La liberté d’aller et venir est un des grands principes du droit dans notre beau pays. Il faut des circonstances exceptionnelles pour qu’elle soit entamée – et ce fut le cas en cette année covidienne, pour la première fois depuis la fin de la Seconde Guerre mondiale. Les transports rendent possible et même incarnent cette liberté de déplacement. Mais j’entends, ici et là, celles et ceux qui évoquent des mœurs que les moins de vingt ans n’ont pas connus. Une époque révolue où le sentiment de liberté n’était entravé par rien ni personne. Réglementation light et pas de flicage. Vous souvenez-vous ? On était libre dans sa voiture, sans ceinture de sécurité, et on était même libre d’y fumer. À moto, le casque était rudimentaire et les gants optionnels. Il y avait bien des limites de vitesse, mais pas grand monde pour les contrôler, et avec quoi de toute façon ?
Papy avait bien écouté les recommandations du gouvernement et il avait acheté une voiture d’occasion. Un diesel forcément : c’est beaucoup moins polluant et très économique. À trois francs le litre de gazole, c’est vrai que ça fait pas cher. Elle n’est pas de toute première jeunesse, cette caisse, et la panne menace à tout moment mais personne n’ira imaginer qu’elle est dangereuse. Le vélo ? C’est fatiguant et puis, franchement, c’est pas pratique. Du coup, même pour les petits trajets, papy démarre sa titine. Même après un repas familial bien arrosé, il est où le problème ? Tout ça, donc, c’était avant. À cette époque bénie des dieux où l’on se posait beaucoup moins de questions ! Aujourd’hui, quand il faut acheter une voiture, mieux vaut y réfléchir à deux fois. On évitera le diesel qui, finalement, est très dangereux et on s’orientera vers un véhicule hybride ou tout électrique. As-tu bien collé ta vignette Crit’air sur le pare-brise ? On y est d’ailleurs fortement invité à coup de primes incitatives et de taxes dissuasives. Il faudra raquer 10 000, 20 000 et pourquoi pas demain 40 000 euros si l’on choisit un véhicule polluant. Acheter d’occasion, est-ce une meilleure idée ? Pourquoi pas mais attention au taux de CO2 car la carte grise risque de coûter bonbon. Et si la voiture est très puissante, un petit impôt annuel supplémentaire de 160 euros sera dû.
Serait-on donc obligé de changer de voiture si l’on veut pouvoir continuer de rouler ? Sachant que, tous les deux ans, la peur au ventre, tout bon propriétaire se rend dans son centre de contrôle technique préféré en croisant les doigts, espérant que sa vieille camarade est encore apte. Apte à rouler. Mais pas trop vite, sinon : suspension du permis, confiscation du véhicule, perte de points… Quant au p’tit verre avant de prendre le volant, oubliez, au risque de carrément perdre votre carte rose. Et même sobre c’est compliqué : ceinture obligatoire, pas
de téléphone, pas d’oreillette, pas d’échappement trop bruyant… Pour se garer, prévoir la monnaie sinon c’est FPS – forfait post-stationnement.
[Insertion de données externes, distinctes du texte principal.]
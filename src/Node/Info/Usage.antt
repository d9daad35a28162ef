-- ===== src/Node/Info/Usage.antt =====
-- The figures of NodeGetVolumeStats.
use exoscale_csi_driver.Base.{ℕ, ◌-◌, ◌*◌, ◌%◌, ◌≤◌, ◌≡◌, arith, pos}
use native.Mathlib.Nat.{mul-le-mul_right}
use exoscale_csi_driver.Os.{Statfs}
use exoscale_csi_driver.Node.Info.{
  VolumeUsage, mul_u64, sub_u64, to_u64, to_i64, usage, disk_usage, inodes_usage,
}

-- The three figures, without wrap-around.
abbrev pub Balanced : ℕ → ℕ → VolumeUsage → Type 0
Balanced total free u =
    (u.total ≡ pos total) × (u.available ≡ pos free) × (u.used ≡ pos (total - free))

of_le-Balanced :
    (total free : ℕ)
    → free ≤ total
    → total ≤ 9223372036854775807
    → Balanced total free (usage total free)
unfolding usage sub_u64 to_i64
of_le-Balanced total free h small = ground arith

mod_small : (n : ℕ) → n ≤ 9223372036854775807 → n % 18446744073709551616 ≡ n
mod_small n h = omega arith

-- For a file system with no more free blocks and inodes than it has, and of at most 2^63 - 1 bytes
-- and inodes, the figures of NodeGetVolumeStats are the true ones: total and free bytes and
-- inodes, and their differences. No arithmetic of the code wraps around.
pub disk_usage-Balanced :
    (fs : Statfs) (block_size : ℕ)
    → fs.bsize ≡ pos block_size
    → fs.bfree ≤ fs.blocks
    → fs.ffree ≤ fs.files
    → fs.blocks * block_size ≤ 9223372036854775807
    → fs.files ≤ 9223372036854775807
    → Balanced (fs.blocks * block_size) (fs.bfree * block_size) (disk_usage fs)
      × Balanced fs.files fs.ffree (inodes_usage fs)
unfolding disk_usage inodes_usage mul_u64 to_u64
disk_usage-Balanced fs block_size e blocks files bytes inodes =
    let le : fs.bfree * block_size ≤ fs.blocks * block_size = mul-le-mul_right block_size blocks in
    (
      rw
          (
            e,
            mod_small (fs.blocks * block_size) bytes,
            mod_small (fs.bfree * block_size) (omega (arith, le, bytes)),
          )
          (of_le-Balanced (fs.blocks * block_size) (fs.bfree * block_size) le bytes),
      of_le-Balanced fs.files fs.ffree files inodes,
    )
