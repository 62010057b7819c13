-- ===== src/Usecase/Transfers/History.antt =====
-- Any number of transfers in a row, by any callers and with any errors between them.
use payment_processing.Prelude.{
  ◌≡◌, refl, sym, subst, ◌∙◌, ap, inl, inr, true, some, List, [], ◌∷◌, ◌++◌, Bytes, ok, err,
  exists_row, exists_row-append, exists_row-last, All, All-last, All-map, ◌==◌, arith,
}
use payment_processing.Domain.{Outcome, Uuid, Time, IdempotencyStatus, TransferIdempotency}
use payment_processing.Decimal.{Decimal}
use payment_processing.Storage.Tables.{Db, TransactionRow}
use payment_processing.Storage.Session.{World}
use payment_processing.Storage.Accounts.Balances.{IsValid, total}
use payment_processing.Usecase.Transfers.{TransferCommand, Platform, transfer_command, transfer}
use payment_processing.Usecase.Transfers.Effects.{completed_transfer}
use payment_processing.Usecase.Transfers.Recorded.{Transferred}
use payment_processing.Usecase.Transfers.Loop.{Accounted, transfer-Accounted}

pub record Call : Type 0 where
  pub sender_id : Uuid
  pub receiver_id : Uuid
  pub key : Bytes
  pub amount : Decimal

-- A finished result, whose transaction is there.
abbrev pub IsFinished : List TransactionRow → TransferIdempotency → Type 0
IsFinished transactions r =
    (r.status ≡ IdempotencyStatus.completed)
    × ((id : Uuid) × (r.transaction_id ≡ some id)
        × (exists_row (λ t. t.id == id) transactions ≡ true))

-- Between transfers: account ids are unique, no balance is negative, and no key is half done.
pub record IsConsistent (db : Db) : Type 0 where
  pub accounts : IsValid db.accounts
  pub finished : All (IsFinished db.transactions) db.transfer_idempotency

append-IsFinished :
    (t : TransactionRow) (ts : List TransactionRow) (r : TransferIdempotency)
    → IsFinished ts r
    → IsFinished (ts ++ (t ∷ [])) r
append-IsFinished t ts r (status, (id, holds, there)) =
    (status, (id, holds, exists_row-append (λ x. x.id == id) ts (t ∷ []) there))

module _ {S : Type 0} (p : Platform S) where
  abbrev pub call : Call → World S → Outcome Bytes × World S
  call c = transfer p c.sender_id c.receiver_id c.key c.amount

  abbrev pub command_of : Call → TransferCommand
  command_of c = transfer_command p c.sender_id c.receiver_id c.key c.amount

  unfoldable pub serve : List Call → World S → World S
  serve [] w = w
  serve (c ∷ cs) w = serve cs (call c w).1

  Transferred-IsConsistent :
      (now : Time) (c : TransferCommand) (id : Uuid) (db db' : Db)
      → Transferred now c id db db'
      → IsConsistent db
      → IsConsistent db'
  Transferred-IsConsistent now c id db db' t h = record {
    accounts = t.exchange.valid;
    finished =
        rw (t.recorded, t.keyed)
          (All-last (IsFinished (db.transactions ++ (completed_transfer now c id ∷ [])))
            db.transfer_idempotency _
            (All-map (IsFinished db.transactions) _ db.transfer_idempotency
              (append-IsFinished (completed_transfer now c id) db.transactions) h.finished)
            (
              refl,
              (
                id,
                refl,
                exists_row-last (λ t. t.id == id) db.transactions (completed_transfer now c id)
                    (ground arith),
              ),
            ));
  }

  Accounted-IsConsistent :
      (now : Time) (c : TransferCommand) (r : Outcome Bytes) (db db' : Db)
      → Accounted p now c r db db'
      → IsConsistent db
      → IsConsistent db'
  Accounted-IsConsistent now c (ok result) db db' (id, _, inl t) h =
      Transferred-IsConsistent now c id db db' t h
  Accounted-IsConsistent now c (ok result) db db' (id, _, inr (_, same)) h =
      subst IsConsistent (sym same) h
  Accounted-IsConsistent now c (err e) db db' same h = subst IsConsistent (sym same) h

  total_kept :
      (now : Time) (c : TransferCommand) (r : Outcome Bytes) (db db' : Db)
      → Accounted p now c r db db'
      → total db'.accounts ≡ total db.accounts
  total_kept now c (ok result) db db' (id, _, inl t) = t.exchange.conserved
  total_kept now c (ok result) db db' (id, _, inr (_, same)) =
      ap (λ (d : Db). total d.accounts) same
  total_kept now c (err e) db db' same = ap (λ (d : Db). total d.accounts) same

  pub accounted :
      (c : Call) (w : World S)
      → IsConsistent w.db
      → Accounted p w.clock (command_of c) (call c w).0 w.db (call c w).1.db
  accounted c w h = transfer-Accounted p c.sender_id c.receiver_id c.key c.amount w h.accounts

  pub call-IsConsistent :
      (c : Call) (w : World S) → IsConsistent w.db → IsConsistent (call c w).1.db
  call-IsConsistent c w h =
      Accounted-IsConsistent w.clock (command_of c) (call c w).0 w.db (call c w).1.db
        (accounted c w h) h

  -- Any number of transfers from consistent tables, successful or not, leave them consistent,
  -- and the sum of the balances as it was.
  pub serve-IsConsistent :
      (cs : List Call) (w : World S)
      → IsConsistent w.db
      → IsConsistent (serve cs w).db × (total (serve cs w).db.accounts ≡ total w.db.accounts)
  unfolding serve
  serve-IsConsistent [] w h = (h, refl)
  serve-IsConsistent (c ∷ cs) w h =
      let (consistent, same) = serve-IsConsistent cs (call c w).1 (call-IsConsistent c w h) in
      (
        consistent,
        same
            ∙ total_kept w.clock (command_of c) (call c w).0 w.db (call c w).1.db (accounted c w h),
      )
En moto, casque et gants homologués sont de rigueur et on veillera à ne surtout pas se garer sur le trottoir. Dans notre quête de liberté, reste le vélo, sur des pistes cyclables qui font parfois peur aux plus téméraires – genre la piste à contre-sens des voitures dans une rue étroite du centre-ville. Finalement, on est bien tenté d’essayer la trottinette, mais pour rouler où ? Sur la chaussée, sur le trottoir ? Avec ou sans casque ? Dernière solution : le bus ou le tram. C’est pratique pour aller en ville, mais pas partout. Et à bord n’oubliez pas le masque et un ticket validé, sinon une brigade d’hommes en noir vous tombe dessus.
C’était quand même mieux avant, non ? Au moins on était libres… Vraiment ? Vous l’aurez compris, ce billet d’humeur était ironique… Les restrictions et obligations nous pèsent mais soyons raisonnables : il faut savoir limiter certaines de nos libertés pour notre santé et notre sécurité. Allez, prenez soin de vous.